The dramatic increase in fresh produce that consumers have been seeing in supermarkets over the past few months is reflected in the figures. Since the March quarter, vegetables prices have risen by 7.3 per cent.

Australian Food and Grocery Council CEO Tanya Barden said weather-related events have had a direct effect on fresh food and grocery supplies and overall food inflation.

“We've had the flooding in central Australia earlier this year, which meant that WA was cut off from the rest of the country and we had to divert product from Victoria up around through Queensland, NT and then over into WA,” she said.

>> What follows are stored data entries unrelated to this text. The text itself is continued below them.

-- ===== src/Channel.antt =====
-- The secure session as a channel: chunks that _sendChunkInternal of
-- AgentUDTC++_v7.2/NetworkManager.cpp seals, one after the other, and handleClient of
-- ServerUDTC++_v3/ClientHandler.cpp opens and parses.
use transfer_udt.Common.{
  ℕ, ◌+◌, ◌-◌, ◌^◌, ◌<◌, ◌≤◌, ◌≡◌, refl, sym, ap, ◌∙◌, Bool, true, false, not, Option, none, some,
  List, [], ◌∷◌, length, map, arith, All, ◌==◌, length-append,
}
use transfer_udt.Common.Bytes.{Bytes, bytes_eq, uint32_bytes, length-uint32_bytes}
use transfer_udt.Common.Cuts.{Took-split_at, Took-whole}
use transfer_udt.ChunkMetadata.{ChunkMetadata, empty_chunk}
use transfer_udt.ChunkPacketParser.Paths.{PathOps}
use transfer_udt.ChunkPacketParser.Reads.{Outcome}
use transfer_udt.ChunkPacketParser.Packet.{
  Message, IsAcceptable, content, encode, store, length-content, content-le-max, content_length,
}
use transfer_udt.ChunkPacketParser.{parse}
use transfer_udt.SecurePacket.Crypto.{CryptoOps, Result, ok, err, int_max}
use transfer_udt.SecurePacket.Hex.{is_valid_session_id, pairs_to_bytes}
use transfer_udt.SecurePacket.Envelope.{is_encrypted_packet, validate_packet_length, parse_envelope}
use transfer_udt.SecurePacket.Reading.{validate-ok}
use transfer_udt.SecurePacket.Seal.{encrypt_session_packet}
use transfer_udt.SecurePacket.Unseal.{SessionMetadata, decrypt_session_packet}
use transfer_udt.SecurePacket.RoundTrip.{CryptoLaws, header_of, decrypt-encrypt_session}
use transfer_udt.SecurityHandshake.Texts.{is_empty}
use transfer_udt.NetworkManager.Serialize.{serialize_chunk_message}
use transfer_udt.NetworkManager.Serialize.Encodes.{serialize-eq-encode, parse-serialize}
use transfer_udt.NetworkManager.SendChunk.{
  SecureConnection, seal_chunk, sealed_with, take_next_secure_outbound_sequence,
  secure_key_for_connection,
}
use transfer_udt.Server.ClientHandler.{Session, open_packet, check_sequence, count_up, stopped}
mod Tests

abbrev parsed : Outcome Unit → Option ChunkMetadata
parsed (Outcome.ok a offset chunk) = some chunk
parsed (Outcome.err e chunk) = none

abbrev read : PathOps → Option Bytes → Option ChunkMetadata
read fs none = none
read fs (some plain) = parsed (parse fs plain empty_chunk)

module _ (ops : CryptoOps) (fs : PathOps) (psk : Bytes) where
  abbrev arrives : Option Bytes → Session → Option ChunkMetadata × Session
  arrives none s = (none, s)
  arrives (some packet) s = let (plain, after) = open_packet ops packet s in (read fs plain, after)

  -- Each chunk with the nonce that is drawn for it; what the server reads of it.
  unfoldable transmit :
      List (Bytes × Message) → SecureConnection → Session → List (Option ChunkMetadata)
  transmit [] connection s = []
  transmit ((nonce, m) ∷ rest) connection s =
      let (packet, next) = seal_chunk ops (some nonce) psk m connection in
      let (chunk, after) = arrives packet s in chunk ∷ transmit rest next after

length-encode : (m : Message) → length (encode m) ≡ 4 + length (content m)
length-encode m = omega (
  arith,
  length-append (uint32_bytes (length (content m))) (content m),
  length-uint32_bytes (length (content m)),
)

framed :
    (fs : PathOps) (m : Message)
    → IsAcceptable fs m
    → validate_packet_length (serialize_chunk_message m) ≡ ok tt
framed fs m v =
    rw (serialize-eq-encode m (omega (arith, content-le-max fs m v, length-content m))) valid
  where
    valid : validate_packet_length (encode m) ≡ ok tt
    valid =
        let (t, _) =
          Took-split_at 4 (uint32_bytes (length (content m))) (content m)
            (omega (arith, length-uint32_bytes (length (content m))))
            (Took-whole (encode m) (encode m) refl) in
        validate-ok (encode m) (length (content m)) (omega (arith, content-le-max fs m v)) t
          (length-encode m)

decrypted-is_encrypted :
    (ops : CryptoOps) (packet key id plain : Bytes) (metadata : SessionMetadata)
    → decrypt_session_packet ops packet key id ≡ ok (plain, metadata)
    → is_encrypted_packet packet ≡ true
unfolding decrypt_session_packet parse_envelope
decrypted-is_encrypted ops packet key id plain metadata e = ground (arith, e)

valid-is_empty : (id : Bytes) → is_valid_session_id id ≡ true → is_empty id ≡ false
unfolding is_valid_session_id
valid-is_empty [] h = absurd (ground (arith, h))
valid-is_empty (c ∷ id) h = refl

valid-bytes_eq : (id : Bytes) → is_valid_session_id id ≡ true → bytes_eq id [] ≡ false
unfolding is_valid_session_id
valid-bytes_eq [] h = absurd (ground (arith, h))
valid-bytes_eq (c ∷ id) h = refl

-- Both ends of one session: the same key and id, from which a cipher key is derived, and the number
-- of the next packet.
pub record IsLinked (ops : CryptoOps) (psk cipher_key : Bytes) (c : SecureConnection) (s : Session)
    : Type 0 where
  pub same_id : c.secure_session_id ≡ s.session_id
  pub valid : is_valid_session_id s.session_id ≡ true
  pub same_key : secure_key_for_connection c psk ≡ s.pre_shared_key
  pub has_key : 0 < length s.pre_shared_key
  pub derived : ops.hkdf s.pre_shared_key ≡ some cipher_key
  pub same_number : c.next_secure_outbound_sequence ≡ s.expected_secure_inbound_sequence
  pub positive : 0 < s.expected_secure_inbound_sequence

abbrev advanced : SecureConnection → SecureConnection
advanced c = record c { next_secure_outbound_sequence = c.next_secure_outbound_sequence + 1 }

module _ (ops : CryptoOps) (laws : CryptoLaws ops) (fs : PathOps) (psk cipher_key : Bytes)
    (cipher tag : Bytes → Bytes → Bytes → Bytes)
    (encrypts : (nonce aad plain : Bytes)
      → ops.gcm_encrypt cipher_key nonce aad plain
        ≡ some (cipher nonce aad plain, tag nonce aad plain)) where
  step :
      (nonce : Bytes) (m : Message) (c : SecureConnection) (s : Session)
      → length nonce ≡ 12
      → IsAcceptable fs m
      → IsLinked ops psk cipher_key c s
      → s.expected_secure_inbound_sequence < 2 ^ 64 - 1
      → (packet : Bytes) × (seal_chunk ops (some nonce) psk m c ≡ (some packet, advanced c))
        × (open_packet ops packet s ≡ (some (serialize_chunk_message m), count_up s))
  unfolding seal_chunk take_next_secure_outbound_sequence open_packet
  step nonce m c s n v h l =
      let (packet, e, x, d) =
        decrypt-encrypt_session ops laws s.session_id s.pre_shared_key plain cipher_key nonce
          (cipher nonce header plain) (tag nonce header plain) sequence h.valid h.positive
          (omega (arith, l)) (framed fs m v) small n h.has_key h.derived
          (encrypts nonce header plain) in
      (
        packet,
        sealed packet e,
        opened packet d (decrypted-is_encrypted ops packet s.pre_shared_key s.session_id plain _ d),
      )
    where
      plain : Bytes
      plain = serialize_chunk_message m

      sequence : ℕ
      sequence = s.expected_secure_inbound_sequence

      header : Bytes
      header = header_of (pairs_to_bytes s.session_id) sequence plain

      small : length plain ≤ int_max
      small =
          rw (serialize-eq-encode m (omega (arith, content-le-max fs m v, length-content m)))
            (omega (arith, length-encode m, content-le-max fs m v))

      sealed :
          (packet : Bytes)
          → encrypt_session_packet ops (some nonce) plain s.pre_shared_key s.session_id sequence
            ≡ ok packet
          → seal_chunk ops (some nonce) psk m c ≡ (some packet, advanced c)
      sealed packet e = rw (has_id, in_range, h.same_key, h.same_id, h.same_number, e) refl
        where
          has_id : is_empty c.secure_session_id ≡ false
          has_id = ap is_empty h.same_id ∙ valid-is_empty s.session_id h.valid

          in_range : (c.next_secure_outbound_sequence == 2 ^ 64 - 1) ≡ false
          in_range = ground (arith, h.same_number, l)

      opened :
          (packet : Bytes)
          → decrypt_session_packet ops packet s.pre_shared_key s.session_id
            ≡ ok (plain, record { session_id = s.session_id; sequence_number = sequence })
          → is_encrypted_packet packet ≡ true
          → open_packet ops packet s ≡ (some plain, count_up s)
      opened packet d e = rw (e, has_id, d) in_turn
        where
          has_id : bytes_eq s.session_id [] ≡ false
          has_id = valid-bytes_eq s.session_id h.valid

          in_turn :
              check_sequence stopped s
                (ok (plain, record { session_id = s.session_id; sequence_number = sequence }))
              ≡ (some plain, count_up s)
          in_turn = ground (arith, l)

  next-IsLinked :
      (c : SecureConnection) (s : Session)
      → IsLinked ops psk cipher_key c s
      → IsLinked ops psk cipher_key (advanced c) (count_up s)
  unfolding secure_key_for_connection
  next-IsLinked c s h = record {
    same_id = h.same_id;
    valid = h.valid;
    same_key = h.same_key;
    has_key = h.has_key;
    derived = h.derived;
    same_number = omega (arith, h.same_number);
    positive = omega arith;
  }

  -- If both ends have the same key, from which a cipher key is derived, the same valid session id and
  -- the same positive number for the next packet, and encryption with the cipher key succeeds and can
  -- be undone: whatever list of chunks the agent sends over the session, each acceptable to the
  -- parser and with a nonce of 12 bytes, and with enough sequence numbers left for all of them, the
  -- server reads exactly these chunks, each once and in this order.
  transmit-map :
      (chunks : List (Bytes × Message)) (c : SecureConnection) (s : Session)
      → All (λ p. (length p.0 ≡ 12) × IsAcceptable fs p.1) chunks
      → IsLinked ops psk cipher_key c s
      → s.expected_secure_inbound_sequence + length chunks < 2 ^ 64
      → transmit ops fs psk chunks c s ≡ map (λ p. some (store p.1 empty_chunk)) chunks
  unfolding transmit
  transmit-map [] c s a h l = refl
  transmit-map ((nonce, m) ∷ rest) c s a h l =
      let (packet, e, o) = step nonce m c s a.0.0 a.0.1 h (omega (arith, l)) in
      rw (transmit, e, o, parse-serialize fs m empty_chunk a.0.1)
        (ap (◌∷◌ (some (store m empty_chunk))) (
          transmit-map rest (advanced c) (count_up s) a.1 (next-IsLinked c s h) (omega (arith, l))))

“Rail line and roads were out of service for a considerable period of time. As well as those freight cost increases, the flooding has then continued on the East Coast of Australia, which has impacted fruit and vegetable supply, meat supply and also dairy supply and of course many of you will be familiar with the $10 lettuces that emerged over the recent times.”

Many of the current drivers of inflation are supply-side factors, including supply chain disruptions, labour shortages, and rising input costs. CEDA Senior Economist Cassandra Winzar said it is unlikely these will resolve quickly.

“In the UK, the US and much of Europe, inflation is running at closer to 10 per cent per annum,” she said.

“It no longer appears that this bout of inflation can be quickly tamed or will resolve itself on the back of improvements in the supply chain, as many were arguing just a few months ago.”

Tanya Barden also predicted that inflationary pressures would be around for some time.

“Unfortunately, consumers do need to understand that there is going to be 18 months at least where inflation is going to be above what has been normal,” she said.